## Instructions for the task:
Which lines of the entries below include "true"? List them all.

▬▬▬▬▬▬▬▬▬▬

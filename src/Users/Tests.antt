-- ===== src/Users/Tests.antt =====
-- An owner makes another owner an employee.
use pulse_crm.Prelude.{
  ◌<◌, ◌≡◌, refl, true, none, some, [], ◌∷◌, arith, ok, count, any, update, find?,
}
use mathlib.Core.List.{Memᴰ}
use pulse_crm.Prelude.Table.Members.{Distinct-eq}
use pulse_crm.Models.{owner, employee, Membership}
use pulse_crm.Access.{Context}
use pulse_crm.Events.{no_events}
use pulse_crm.Users.{
  Store, UserUpdate, active_owner_count, noted, update_user, is_active_owner, check_roles, rename,
  is_current, with_role, write_user, requested_role,
}
use pulse_crm.Users.Owners.{update_user-keeps_owner}

abbrev chief : Membership
chief = record { id = 1; workspace_id = 1; user_id = 4; role = owner; version = 1 }

abbrev partner : Membership
partner = record { id = 2; workspace_id = 1; user_id = 5; role = owner; version = 3 }

abbrev store : Store
store = record {
  users =
      record { id = 4; email = "ann@example.test"; full_name = "Ann"; is_active = true }
      ∷ record { id = 5; email = "bob@example.test"; full_name = "Bob"; is_active = true }
      ∷ [];
  memberships = chief ∷ partner ∷ [];
  journal = no_events;
}

abbrev context : Context
context = record { workspace_id = 1; user_id = 4; role = owner }

abbrev demotion : UserUpdate
demotion = record {
  role_given = true;
  role = some employee;
  full_name = none;
  expected_version = 3;
}

abbrev demoted : Membership
demoted = record partner { role = employee; version = 4 }

abbrev after : Store
after = record store {
  memberships = chief ∷ demoted ∷ [];
  journal = noted context 5 demotion partner employee no_events;
}

demotes : update_user store context 5 demotion store.memberships ≡ ok (demoted, after)
unfolding update_user find? requested_role check_roles active_owner_count count is_active_owner any
    write_user is_current with_role rename update
demotes = refl

no_other_change :
    (x y : Membership)
    → Memᴰ x store.memberships
    → Memᴰ y store.memberships
    → y.user_id ≡ 5
    → x.id ≡ y.id
    → x.version ≡ 3
    → x ≡ y
no_other_change x y m k u same v =
    Distinct-eq (λ (z : Membership). z.id) store.memberships
      (((λ e. omega (arith, e)), tt), (tt, tt)) m k same

update_user-keeps_owner_example : 0 < active_owner_count after 1
unfolding active_owner_count count is_active_owner any
update_user-keeps_owner_example =
    update_user-keeps_owner store context 5 demotion store.memberships after demoted demotes
      (((λ e. omega (arith, e)), tt), (tt, tt)) no_other_change (omega arith) (omega arith)
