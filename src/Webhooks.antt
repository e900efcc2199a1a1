-- ===== src/Webhooks.antt =====
-- backend/app/integrations/webhooks.py: who may send a generic webhook. A byte string is the text
-- of its bytes. The digests, the text of a number and its reading, the range of the datetimes, the
-- lower case and the reading of hexadecimal bytes are the runtime's, so parameters.
pub mod Inbound
pub mod Signed
pub mod Once
mod Tests
use Prim.Native.Char.{code}
use pulse_crm.Prelude.{
  ℕ, suc, ◌+◌, ◌*◌, String, str_eq, text_append, text_length, is_blank, Bool, true, false, not,
  ◌&&◌, Option, none, some, ◌==◌, ltb, leb, if◌then◌else◌, or_else, Datetime, aware, aware_at,
  distance, Result, ok, value_error, raise_if, require, ◌>>=◌, ◌>>◌,
}

-- A whole number: `pos n` is n, `negsuc n` is -n - 1.
pub data ℤ : Type 0 where
  pos negsuc : ℕ → ℤ

-- The argument `timestamp`, a text or a number.
pub data Timestamp : Type 0 where
  written : String → Timestamp
  number : ℤ → Timestamp

-- A datetime before the epoch is the microseconds until then.
pub data Moment : Type 0 where
  since until : ℕ → Moment

abbrev pub moment : ℤ → Moment
moment (pos n) = since (1000000 * n)
moment (negsuc n) = until (1000000 * suc n)

abbrev pub apart : ℕ → Moment → ℕ
apart now (since t) = distance now t
apart now (until t) = now + t

pub record VerifiedWebhook : Type 0 where
  pub timestamp : Moment
  pub idempotency_key : String
  pub request_digest : String

-- The keyword arguments of `verify_generic_webhook`.
pub record WebhookRequest : Type 0 where
  pub secret : String
  pub body : String
  pub signature : String
  pub timestamp : Timestamp
  pub idempotency_key : String

abbrev pub default_replay_window : ℕ
default_replay_window = 300000000

unfoldable pub printable : String → Bool
printable String.[] = true
printable (String.◌∷◌ c s) = leb 33 (code c) && leb (code c) 126 && printable s

-- `IDEMPOTENCY_KEY_RE.fullmatch`.
unfoldable pub is_idempotency_key : String → Bool
is_idempotency_key s = printable s && leb 1 (text_length s) && leb (text_length s) 255

-- `text.removeprefix(prefix)`.
unfoldable pub without : String → String → Option String
without String.[] s = some s
without (String.◌∷◌ c p) String.[] = none
without (String.◌∷◌ c p) (String.◌∷◌ d s) =
    let rest = without p s in if code c == code d then rest else none

unfoldable pub removeprefix : String → String → String
removeprefix p s = or_else (without p s) s

-- What the runtime provides: `hmac.new(key, message, sha256).hexdigest()`, `sha256(body).hexdigest()`,
-- `str` and `int` of numbers, the numbers that are datetimes, `lower`, and `bytes.fromhex`.
pub record Runtime : Type 0 where
  pub hmac : String → String → String
  pub sha256 : String → String
  pub str : ℤ → String
  pub int : String → Option ℤ
  pub is_datetime : ℤ → Bool
  pub lower : String → String
  pub is_hex : String → Bool

module _ (env : Runtime) where
  unfoldable pub webhook_signature : String → ℤ → String → String
  webhook_signature secret timestamp body =
      text_append "sha256="
        (env.hmac secret (text_append (env.str timestamp) (text_append "." body)))

  unfoldable pub unix_timestamp : Timestamp → Option ℤ
  unix_timestamp (written text) = env.int text
  unix_timestamp (number z) = some z

  unfoldable pub check_request : WebhookRequest → ℕ → Result (Unit {0})
  check_request r replay_window = do
    raise_if (is_blank r.secret) (value_error "webhook secret must not be empty")
    raise_if (replay_window == 0) (value_error "replay_window must be positive")
    raise_if (not (is_idempotency_key r.idempotency_key)) (value_error "invalid Idempotency-Key")

  unfoldable pub check_signature : WebhookRequest → ℤ → Result (Unit {0})
  check_signature r timestamp =
      let normalized = env.lower (removeprefix "sha256=" r.signature) in
      let invalid = value_error "invalid webhook signature" in
      (do
        raise_if (not (text_length normalized == 64)) invalid
        raise_if (not (env.is_hex normalized)) invalid
        raise_if
            (not (
              str_eq normalized
                (removeprefix "sha256=" (webhook_signature r.secret timestamp r.body))))
            invalid)

  unfoldable pub verify_generic_webhook :
      WebhookRequest → Option Datetime → ℕ → ℕ → Result VerifiedWebhook
  verify_generic_webhook r now clock replay_window = do
    check_request r replay_window
    timestamp ← require (unix_timestamp r.timestamp) (value_error "invalid webhook timestamp")
    raise_if (not (env.is_datetime timestamp)) (value_error "invalid webhook timestamp")
    current ←
        require (aware_at (or_else now (aware clock))) (value_error "now must be timezone-aware")
    raise_if (ltb replay_window (apart current (moment timestamp)))
        (value_error "webhook timestamp is outside the replay window")
    check_signature r timestamp
    ok (record {
      timestamp = moment timestamp;
      idempotency_key = r.idempotency_key;
      request_digest = env.sha256 r.body;
    })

▬▬▬▬▬▬▬▬▬▬

## Response below:
  ◌<◌, ◌≡◌, refl, true, none, some, [], ◌∷◌, arith, ok, count, any, update, find?,
      record { id = 4; email = "ann@example.test"; full_name = "Ann"; is_active = true }
      ∷ record { id = 5; email = "bob@example.test"; full_name = "Bob"; is_active = true }
  role_given = true;
  ℕ, suc, ◌+◌, ◌*◌, String, str_eq, text_append, text_length, is_blank, Bool, true, false, not,
printable String.[] = true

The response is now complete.